Saturday, July 7, 2012

Heart urchins at Sentosa shore

As usual, I was on my usual rounds of looking high and low for the elusive Galloping sea star (Stellaster equestris) on the Sentosa shore.

But instead, I stumbled upon two heart urchins! They were semi-buried underneath the sand. It's our first time finding them on this shore.

This is the second heart urchin which is about the same colour but had longer spines. Don't you think they are lovely?
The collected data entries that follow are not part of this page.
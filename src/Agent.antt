-- ===== src/Agent.antt =====
-- The agent of xiaoai-agent/src/agent.rs: the text that is spoken, and the turns of a conversation.
pub mod Speech
pub mod Turns
pub mod Conversation
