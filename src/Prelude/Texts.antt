-- ===== src/Prelude/Texts.antt =====
-- Texts as lists of characters, and what Rust's `str` does on them.
use Prim.Native.Nat.{ℕ}
use Prim.Native.Char.{Char, code}
use Prim.Native.String.{String}
use mathlib.Core.Bool.{Bool, ◌&&◌, ◌||◌}
use mathlib.Core.List.{List, [], ◌∷◌, ◌++◌}
use mathlib.Core.Path.{◌≡◌, refl, ap}
use xiaoai_agent.Prelude.Tests.{leb, ◌==◌, if◌then◌else◌}
use xiaoai_agent.Prelude.Lists.{length}

abbrev pub chars : String → List Char
chars String.[] = []
chars (String.◌∷◌ c s) = c ∷ chars s

abbrev pub of_chars : List Char → String
of_chars [] = String.[]
of_chars (c ∷ cs) = String.◌∷◌ c (of_chars cs)

pub chars-of_chars : (cs : List Char) → chars (of_chars cs) ≡ cs
chars-of_chars [] = refl
chars-of_chars (c ∷ cs) = ap (c ∷◌) (chars-of_chars cs)

-- `str::chars().count()`
abbrev pub char_count : String → ℕ
char_count s = length (chars s)

-- `char::is_whitespace`: the characters with the property White_Space.
abbrev pub is_space : ℕ → Bool
is_space c =
    (leb 9 c && leb c 13)
    || (c == 32)
    || (c == 133)
    || (c == 160)
    || (c == 5760)
    || (leb 8192 c && leb c 8202)
    || (c == 8232)
    || (c == 8233)
    || (c == 8239)
    || (c == 8287)
    || (c == 12288)

unfoldable pub trim_start : List Char → List Char
trim_start [] = []
trim_start (c ∷ cs) = let rest = trim_start cs in if is_space (code c) then rest else c ∷ cs

-- White space at the end goes: a character stays if it or one behind it is none.
abbrev pub keep_inner : Char → List Char → List Char
keep_inner c [] = if is_space (code c) then [] else c ∷ []
keep_inner c (d ∷ ds) = c ∷ d ∷ ds

unfoldable pub trim_end : List Char → List Char
trim_end [] = []
trim_end (c ∷ cs) = keep_inner c (trim_end cs)

-- `str::trim`
unfoldable pub trim_chars : List Char → List Char
unfolding trim_start trim_end
trim_chars cs = trim_end (trim_start cs)

unfoldable pub trim : String → String
unfolding trim_chars
trim s = of_chars (trim_chars (chars s))

trims : trim "  ab c " ≡ "ab c"
unfolding trim
trims = refl

abbrev pub append : String → String → String
append a b = of_chars (chars a ++ chars b)

-- `path.join(".")`
pub join_dots : List String → String
join_dots [] = ""
join_dots (k ∷ []) = k
join_dots (k ∷ j ∷ path) = append k (append "." (join_dots (j ∷ path)))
Lovely is probably the best way to describe these urchins because these are known as thw Lovenia heart urchins (Lovenia sp.)!

The pattern on the underside of the heart urchin is quite pretty! It is white with some petal-like structures in yellow.
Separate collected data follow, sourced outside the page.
-- ===== src/Agent/Speech.antt =====
-- `sanitize_speech_text` and `strip_think_blocks` of xiaoai-agent/src/agent.rs. A text is the list of its
-- code points; the source counts bytes, but only between the ends of whole characters.
pub mod Tags
pub mod Blocks
pub mod Speakable
pub mod Collapsed
pub mod Lines
use xiaoai_agent.Prelude.{
  ℕ, zero, suc, ◌+◌, ◌≤◌, Bool, true, false, not, ◌&&◌, ◌||◌, List, [], ◌∷◌, ◌++◌, Option, none,
  some, leb, ltb, ◌==◌, take, drop, length, if◌then◌else◌,
}
use xiaoai_agent.Prelude.Texts.{is_space}

abbrev pub open_think : List ℕ
open_think = 60 ∷ 116 ∷ 104 ∷ 105 ∷ 110 ∷ 107 ∷ 62 ∷ []

abbrev pub open_thinking : List ℕ
open_thinking = 60 ∷ 116 ∷ 104 ∷ 105 ∷ 110 ∷ 107 ∷ 105 ∷ 110 ∷ 103 ∷ 62 ∷ []

abbrev pub close_think : List ℕ
close_think = 60 ∷ 47 ∷ 116 ∷ 104 ∷ 105 ∷ 110 ∷ 107 ∷ 62 ∷ []

abbrev pub close_thinking : List ℕ
close_thinking = 60 ∷ 47 ∷ 116 ∷ 104 ∷ 105 ∷ 110 ∷ 107 ∷ 105 ∷ 110 ∷ 103 ∷ 62 ∷ []

abbrev pub starts_with : List ℕ → List ℕ → Bool
starts_with [] xs = true
starts_with (t ∷ tag) [] = false
starts_with (t ∷ tag) (x ∷ xs) = (t == x) && starts_with tag xs

-- `str::find`
unfoldable pub find : List ℕ → List ℕ → Option ℕ
find tag [] = if starts_with tag [] then some 0 else none
find tag (x ∷ xs) =
    let later : Option ℕ = elim (find tag xs) [ none ↦ none | some i ↦ some (suc i) ] in
    if starts_with tag (x ∷ xs) then some 0 else later

abbrev pub min_option : Option ℕ → Option ℕ → Option ℕ
min_option none b = b
min_option (some i) none = some i
min_option (some i) (some j) = if leb i j then some i else some j

unfoldable pub open_at : List ℕ → Option ℕ
unfolding find
open_at rest = min_option (find open_think rest) (find open_thinking rest)

-- What follows the block that begins here, if it is closed.
unfoldable pub after_block : List ℕ → Option (List ℕ)
unfolding find
after_block rest =
    let is_long = starts_with open_thinking rest in
    let body = drop (if is_long then 10 else 7) rest in
    let close = if is_long then close_thinking else close_think in
    elim (find close body) [ none ↦ none | some i ↦ some (drop (i + length close) body) ]

-- The loop, on fuel for its rounds.
unfoldable pub strip_rounds : ℕ → List ℕ → List ℕ
unfolding open_at after_block
strip_rounds zero rest = rest
strip_rounds (suc fuel) rest = elim (open_at rest) [
  | none ↦ rest
  | some start ↦
      take start rest
      ++ elim (after_block (drop start rest)) [ none ↦ [] | some later ↦ strip_rounds fuel later ]
]

-- Every round takes more than one character away.
unfoldable pub strip_think_blocks : List ℕ → List ℕ
unfolding strip_rounds
strip_think_blocks raw = strip_rounds (suc (length raw)) raw

-- `str::lines`: without the line ends, each with the return in front of it, and without an empty line
-- behind the last one.
abbrev pub cons_line : ℕ → List (List ℕ) → List (List ℕ)
cons_line c [] = (c ∷ []) ∷ []
cons_line c (l ∷ ls) = (c ∷ l) ∷ ls

abbrev pub is_line_end : List ℕ → Bool
is_line_end [] = false
is_line_end (c ∷ cs) = c == 10

unfoldable pub split_lines : List ℕ → List (List ℕ)
split_lines [] = []
split_lines (c ∷ cs) =
    let rest = split_lines cs in
    if c == 10 then [] ∷ rest else if c == 13 && is_line_end cs then rest else cons_line c rest

abbrev pub trim_front : List ℕ → List ℕ
trim_front [] = []
trim_front (c ∷ cs) = let rest = trim_front cs in if is_space c then rest else c ∷ cs

-- `is_progress_indicator_char`
abbrev pub is_progress_indicator_char : ℕ → Bool
is_progress_indicator_char c =
    (leb 8592 c && leb c 8703)
    || ((leb 9728 c && leb c 10175)
        || ((leb 11008 c && leb c 11263)
            || ((leb 126976 c && leb c 129791) || (leb 65024 c && leb c 65039))))

abbrev pub starts_with_indicator : List ℕ → Bool
starts_with_indicator [] = false
starts_with_indicator (c ∷ cs) = is_progress_indicator_char c

abbrev pub is_kept : List ℕ → Bool
is_kept line =
    let trimmed = trim_front line in
    not (starts_with (96 ∷ 96 ∷ 96 ∷ []) trimmed) && not (starts_with_indicator trimmed)

unfoldable pub kept_lines : List (List ℕ) → List (List ℕ)
kept_lines [] = []
kept_lines (l ∷ ls) = let rest = kept_lines ls in if is_kept l then l ∷ rest else rest

abbrev pub join_lines : List (List ℕ) → List ℕ
join_lines [] = []
join_lines (l ∷ []) = l
join_lines (l ∷ m ∷ ls) = l ++ (10 ∷ join_lines (m ∷ ls))

-- The loop over the characters, with the line ends met in a row.
unfoldable pub collapse : ℕ → List ℕ → List ℕ
collapse newlines [] = []
collapse newlines (c ∷ cs) =
    let ended = collapse (newlines + 1) cs in
    let other = collapse 0 cs in
    if c == 10 then (if ltb 2 (newlines + 1) then ended else c ∷ ended) else c ∷ other

abbrev pub trim_back : List ℕ → List ℕ
trim_back [] = []
trim_back (c ∷ cs) = elim (trim_back cs) [
  | [] ↦ if is_space c then [] else c ∷ []
  | d ∷ ds ↦ c ∷ d ∷ ds
]

unfoldable pub sanitize_speech_text : List ℕ → List ℕ
unfolding strip_think_blocks split_lines kept_lines collapse
sanitize_speech_text raw =
    let joined = join_lines (kept_lines (split_lines (strip_think_blocks raw))) in
    trim_back (trim_front (collapse 0 joined))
Yesterday morning, Ron, Jillian and myself decided to check out the natural shores of Sentosa during low tide. We were greeted with a spectacular view of the cliffs!

Though the rock formation looks small in the photo, here's another photo showing you the scale through a person's size. This shore, in my opinion, is one of the best and accessible place for Geography teachers to show coastal formation to their students.

As for me, I focused more on the biology side and had a look at the various types of hard corals on this side of the shore.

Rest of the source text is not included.